One frequently cited account came from Seaman First Class Loel Dean Cox, who told oral historians that on the third night he had heard his friend Robert call out to him by name from the darkness, when Robert’s body had been seen drifting away on the first morning. Other survivors reported voices warning them of approaching sharks, urging them to keep paddling, or simply naming the men in the water who had not yet died. Skeptical historians have argued that these reports are best understood as the projections of grieving men under unimaginable stress. The survivors who lived long enough to be interviewed by historians and filmmakers from the 1970s onward generally rejected this interpretation.

The Wreck Site

The wreck of the Indianapolis was located in August 2017 by an expedition led by Microsoft co-founder Paul Allen aboard the research vessel Petrel, lying some 5,500 metres beneath the surface of the Philippine Sea. The discovery brought renewed attention to the loss and prompted a fresh round of accounts from divers, researchers, and submariners associated with the work.

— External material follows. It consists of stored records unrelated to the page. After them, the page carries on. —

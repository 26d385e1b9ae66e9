-- ===== src/Peer.antt =====
-- The peer connection of the client: RemoteControl_rtc/RemoteControl_rtc/PeerSession.cpp.
pub mod Session
pub mod Life
pub mod Negotiation
pub mod Candidates
pub mod Passes
pub mod Order
pub mod Beginning
pub mod Closing
pub mod Manager
pub mod Authorization
pub mod Ice
pub mod Engine
pub mod Reports
pub mod Setup
pub mod Codecs
pub mod Preference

Several members of the Petrel team reported unexplained electrical interference with their remotely operated vehicles during operations at the site, of a kind that had not occurred at the team’s other deepwater wreck investigations, including the Lexington and the Hood. Whether this represented a genuine anomaly or simply the difficulty of operating sensitive equipment at extreme depth has not been definitively established. Survivors and family members who have attended commemorative events at sea above the wreck site have on numerous occasions reported a sense of presence, the sound of voices on the wind, and in a small number of cases the sight of figures in the water at the moment of the wreath-laying.

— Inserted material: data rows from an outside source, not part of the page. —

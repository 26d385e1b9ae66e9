-- ===== src/Peer/Order.antt =====
-- The order of the candidates in RemoteControl_rtc/RemoteControl_rtc/PeerSession.cpp.
use webrtc_cpp_remote_contro.Base.{
  ◌≡◌, refl, sym, ap, ◌∙◌, inl, inr, List, [], ◌∷◌, ◌++◌, append-nil, append_assoc, is_empty,
  Bool-cases,
}
use webrtc_cpp_remote_contro.Peer.Session.{Candidate, Session}
use webrtc_cpp_remote_contro.Peer.Negotiation.{
  Signal, answer_received, candidate_received, candidate_gathered, created, local_set,
  remote_offer_applied, remote_answer_applied, refused, connection_changed, channel_received,
  track_received, frame_reported, control_reported, handle, negotiate,
}
use webrtc_cpp_remote_contro.Peer.Candidates.{
  sent, given, picked, picked-++, description_created-Quiet, apply_remote_answer-Quiet,
  on_data_channel-Quiet, on_track-Quiet, fail_negotiation-Quiet, on_peer_connection_state-Quiet,
  notify_media_event-Quiet, notify_control_event-Quiet,
}
use webrtc_cpp_remote_contro.Peer.Passes.{
  gathered, received, IsNegotiating, Passes, Quiet-Passes, announce-Passes, mark-Passes,
  offer-Passes, gather-Passes, receive-Passes,
}

handle-Passes :
    (s : Session) (e : Signal)
    → IsNegotiating s
    → Passes s (gathered (e ∷ [])) (received (e ∷ [])) (handle s e)
unfolding handle gathered received
handle-Passes s (answer_received sdp) n = Quiet-Passes s _ n (apply_remote_answer-Quiet s sdp)
handle-Passes s (candidate_received c) n = receive-Passes s c n
handle-Passes s (candidate_gathered c) n = gather-Passes s c n
handle-Passes s (created sdp type) n = Quiet-Passes s _ n (description_created-Quiet s sdp type)
handle-Passes s local_set n = announce-Passes s n
handle-Passes s remote_offer_applied n = offer-Passes s n
handle-Passes s remote_answer_applied n = mark-Passes s n
handle-Passes s refused n = Quiet-Passes s _ n (fail_negotiation-Quiet s)
handle-Passes s (connection_changed state) n =
    Quiet-Passes s _ n (on_peer_connection_state-Quiet s state)
handle-Passes s (channel_received channel) n = Quiet-Passes s _ n (on_data_channel-Quiet s channel)
handle-Passes s (track_received kind) n = Quiet-Passes s _ n (on_track-Quiet s kind)
handle-Passes s (frame_reported success width height) n =
    Quiet-Passes s _ n (notify_media_event-Quiet s _ width height)
handle-Passes s (control_reported detail) n =
    Quiet-Passes s _ n (notify_control_event-Quiet s detail)

gathered-cons :
    (e : Signal) (es : List Signal) → gathered (e ∷ es) ≡ gathered (e ∷ []) ++ gathered es
unfolding gathered
gathered-cons (candidate_gathered c) es = refl
gathered-cons (answer_received sdp) es = refl
gathered-cons (candidate_received c) es = refl
gathered-cons (created sdp type) es = refl
gathered-cons local_set es = refl
gathered-cons remote_offer_applied es = refl
gathered-cons remote_answer_applied es = refl
gathered-cons refused es = refl
gathered-cons (connection_changed state) es = refl
gathered-cons (channel_received channel) es = refl
gathered-cons (track_received kind) es = refl
gathered-cons (frame_reported success width height) es = refl
gathered-cons (control_reported detail) es = refl

received-cons :
    (e : Signal) (es : List Signal) → received (e ∷ es) ≡ received (e ∷ []) ++ received es
unfolding received
received-cons (candidate_received c) es = elim (Bool-cases (is_empty c.candidate)) [
  | inl h ↦ rw h refl
  | inr h ↦ rw h refl
]
received-cons (answer_received sdp) es = refl
received-cons (candidate_gathered c) es = refl
received-cons (created sdp type) es = refl
received-cons local_set es = refl
received-cons remote_offer_applied es = refl
received-cons remote_answer_applied es = refl
received-cons refused es = refl
received-cons (connection_changed state) es = refl
received-cons (channel_received channel) es = refl
received-cons (track_received kind) es = refl
received-cons (frame_reported success width height) es = refl
received-cons (control_reported detail) es = refl

-- What was handed over first, and what was handed over then.
chained :
    (a b p q l m n : List Candidate)
    → a ++ p ≡ l ++ m
    → b ++ q ≡ p ++ n
    → (a ++ b) ++ q ≡ l ++ (m ++ n)
chained a b p q l m n h k =
    append_assoc a b q
    ∙ ap (◌++◌ a) k
    ∙ sym (append_assoc a p n)
    ∙ ap (λ t. t ++ n) h
    ∙ append_assoc l m n

-- While a session is negotiating - it is not closed, it has its connection and its callback for
-- candidates, and it holds back no candidates of a side whose description is through - and as long as
-- neither CreateOffer nor ApplyRemoteOffer begins another negotiation, which drops candidates that are held back:
-- however the signals of libwebrtc and of the other side interleave, the candidates sent to the other
-- side and those still held back are, in their order, those held back before and those gathered since;
-- and those given to libwebrtc and still held back are, in their order, those held back before and those
-- received since with a text.
pub candidates_in_order :
    (s : Session) (es : List Signal)
    → IsNegotiating s
    → let r = negotiate s es in
      (picked sent r.1 ++ r.0.pending_local_candidates ≡ s.pending_local_candidates ++ gathered es)
      × (picked given r.1 ++ r.0.pending_remote_candidates
          ≡ s.pending_remote_candidates ++ received es)
unfolding negotiate gathered received picked
candidates_in_order s [] n = (sym (append-nil _), sym (append-nil _))
candidates_in_order s (e ∷ es) n =
    let first = handle-Passes s e n in
    let rest = negotiate (handle s e).0 es in
    let (local, remote) = candidates_in_order (handle s e).0 es first.negotiates in
    (
      ap (λ t. t ++ rest.0.pending_local_candidates) (picked-++ sent (handle s e).1 rest.1)
          ∙ chained (picked sent (handle s e).1) _ _ _ s.pending_local_candidates _ _
              first.local_passed local
          ∙ ap (◌++◌ s.pending_local_candidates) (sym (gathered-cons e es)),
      ap (λ t. t ++ rest.0.pending_remote_candidates) (picked-++ given (handle s e).1 rest.1)
          ∙ chained (picked given (handle s e).1) _ _ _ s.pending_remote_candidates _ _
              first.remote_passed remote
          ∙ ap (◌++◌ s.pending_remote_candidates) (sym (received-cons e es)),
    )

For the broader pattern of vessels lost in similarly dramatic circumstances and producing later reports of residual hauntings, see our entries on the Lusitania memorial at Cobh and the wreck of the Edmund Fitzgerald.

The Captain’s Story

A separate strand of the Indianapolis paranormal record concerns Captain Charles B. McVay III, who survived the sinking only to be court-martialled for failing to zigzag his ship under combat conditions. McVay was the only American captain in the Second World War to be convicted in connection with the loss of his ship in action. The conviction effectively ended his naval career, and he received hate mail from grieving families for the rest of his life. In 1968 McVay shot himself at his home in Litchfield, Connecticut.

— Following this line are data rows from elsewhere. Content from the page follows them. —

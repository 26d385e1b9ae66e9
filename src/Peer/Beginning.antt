-- ===== src/Peer/Beginning.antt =====
-- The candidates of a negotiation of RemoteControl_rtc/RemoteControl_rtc/PeerSession.cpp from its beginning
-- on, with CreateOffer or ApplyRemoteOffer.
use webrtc_cpp_remote_contro.Base.{
  ◌≡◌, refl, ap, ◌∙◌, Bool, true, false, List, [], ◌∷◌, codes, ◌++◌, Bytes, if◌then◌else◌,
}
use webrtc_cpp_remote_contro.Peer.Session.{
  Session, SessionState, Effect, ask_offer, set_remote_description, connecting, Candidate, Outcome,
  update_state, create_offer, apply_remote_offer,
}
use webrtc_cpp_remote_contro.Peer.Negotiation.{Signal, negotiate}
use webrtc_cpp_remote_contro.Peer.Candidates.{sent, given, picked, update_state-Quiet}
use webrtc_cpp_remote_contro.Peer.Passes.{gathered, received, IsNegotiating}
use webrtc_cpp_remote_contro.Peer.Order.{candidates_in_order}

-- An open session that begins to negotiate, with what it holds back of the other side.
record Begins (early : List Candidate) (t : Session) : Type 0 where
  negotiates : IsNegotiating t
  none_local : t.pending_local_candidates ≡ []
  early_remote : t.pending_remote_candidates ≡ early

update_state-Begins :
    (s : Session) (state : SessionState)
    → s.is_closed ≡ false
    → s.connection ≡ true
    → s.ice_candidate_callback ≡ true
    → s.local_description_announced ≡ false
    → s.remote_description_set ≡ false
    → s.pending_local_candidates ≡ []
    → Begins s.pending_remote_candidates (update_state s state).0
update_state-Begins s state o c i l r p =
    let q = update_state-Quiet s state in
    record {
      negotiates = record {
        is_open = q.same_closed ∙ o;
        connected = q.same_connection ∙ c;
        listening = q.same_callback ∙ i;
        none_local = λ h. q.same_local ∙ p;
        none_remote = λ h. cc (q.same_described, r, h);
      };
      none_local = q.same_local ∙ p;
      early_remote = q.same_remote;
    }

if-Begins :
    (early : List Candidate) (b : Bool) (r : Outcome) (es : List Effect) (t : Outcome)
    → b ≡ true
    → Begins early r.0
    → Begins early (if b then (r.0, r.1 ++ es) else t).0
if-Begins early true r es t h k = k
if-Begins early false r es t h k = cc

create_offer-Begins :
    (s : Session) (callback : Bool)
    → s.is_closed ≡ false
    → s.connection ≡ true
    → s.ice_candidate_callback ≡ true
    → Begins [] (create_offer s callback).0
unfolding create_offer
create_offer-Begins s callback o c i =
    let started : Session = record s {
      pending_sdp_callback = callback;
      local_description_announced = false;
      remote_description_set = false;
      pending_local_candidates = [];
      pending_remote_candidates = [];
    } in
    if-Begins [] s.connection (update_state started connecting) (ask_offer ∷ []) (s, []) c
      (update_state-Begins started connecting o c i refl refl refl)

apply_remote_offer-Begins :
    (s : Session) (sdp : Bytes) (callback : Bool)
    → s.is_closed ≡ false
    → s.connection ≡ true
    → s.ice_candidate_callback ≡ true
    → Begins s.pending_remote_candidates (apply_remote_offer s sdp callback).0
unfolding apply_remote_offer
apply_remote_offer-Begins s sdp callback o c i =
    let started : Session = record s {
      pending_sdp_callback = callback;
      local_description_announced = false;
      remote_description_set = false;
      pending_local_candidates = [];
    } in
    if-Begins s.pending_remote_candidates s.connection (update_state started connecting)
      (set_remote_description sdp (codes "offer") ∷ []) (s, []) c
      (update_state-Begins started connecting o c i refl refl refl)

-- What was sent or is held back of the candidates gathered, and given or held back of those received.
abbrev pub Accounts : List Candidate → Session → List Signal → Type 0
Accounts early t es =
    let r = negotiate t es in
    (picked sent r.1 ++ r.0.pending_local_candidates ≡ gathered es)
    × (picked given r.1 ++ r.0.pending_remote_candidates ≡ early ++ received es)

Begins-Accounts :
    (early : List Candidate) (t : Session) (es : List Signal) → Begins early t → Accounts early t es
Begins-Accounts early t es b =
    let (local, remote) = candidates_in_order t es b.negotiates in
    (
      local ∙ ap (λ x. x ++ gathered es) b.none_local,
      remote ∙ ap (λ x. x ++ received es) b.early_remote,
    )

-- Whatever a session that is not closed, with its connection and its callback for candidates, went through
-- before: from CreateOffer on, and as long as no other negotiation begins, the candidates sent to the
-- other side and those held back are exactly those gathered since, in their order, and those given to
-- libwebrtc and held back are exactly those received since with a text; and so from ApplyRemoteOffer on,
-- but for the candidates of the other side that it held back already, which come first.
pub negotiation-Accounts :
    (s : Session) (sdp : Bytes) (callback : Bool) (es : List Signal)
    → s.is_closed ≡ false
    → s.connection ≡ true
    → s.ice_candidate_callback ≡ true
    → Accounts [] (create_offer s callback).0 es
      × Accounts s.pending_remote_candidates (apply_remote_offer s sdp callback).0 es
negotiation-Accounts s sdp callback es o c i = (
  Begins-Accounts [] _ es (create_offer-Begins s callback o c i),
  Begins-Accounts s.pending_remote_candidates _ es (apply_remote_offer-Begins s sdp callback o c i),
)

In the decades following his death, members of the Indianapolis Survivors Association reported what they described as visitations from McVay during their annual reunions. Several survivors recounted being addressed by the captain in dreams, and a number described seeing him briefly at the periphery of formal commemorations, dressed in his service uniform. In 2000, a campaign led by survivor Maurice Glenn Bell and supported by the historian Hunter Scott resulted in a Congressional resolution exonerating McVay, signed by President Clinton. Survivors who attended the formal exoneration ceremony at the Washington Navy Yard reported a profound and unexpected sense of release, which several explicitly described as the captain’s spirit at last being able to rest.

A Living Memory

Of the 316 survivors of the Indianapolis disaster, all but a small handful are now dead. The Indianapolis Survivors Association continues to operate, run primarily by descendants and historians, and the wreck itself is recognised as a war grave under United States Navy regulations. Reports of paranormal experience associated with the loss have not diminished as the original generation has passed. If anything, they have intensified, as new generations of researchers, filmmakers, and naval personnel have come into contact with a story that, more than seventy-five years after the fact, has refused to fade quietly into the historical record.

Sources

  • Stanton, Doug. In Harm’s Way: The Sinking of the USS Indianapolis and the Extraordinary Story of Its Survivors. New York: Henry Holt, 2001.
  • Newcomb, Richard F. Abandon Ship!: The Saga of the U.S.S. Indianapolis, the Navy’s Greatest Sea Disaster. New York: Henry Holt, 1958.
  • USS Indianapolis Survivors Association oral history archive, Indianapolis, Indiana.
  • Vulcan Inc. Petrel Expedition Reports, 2017-2019.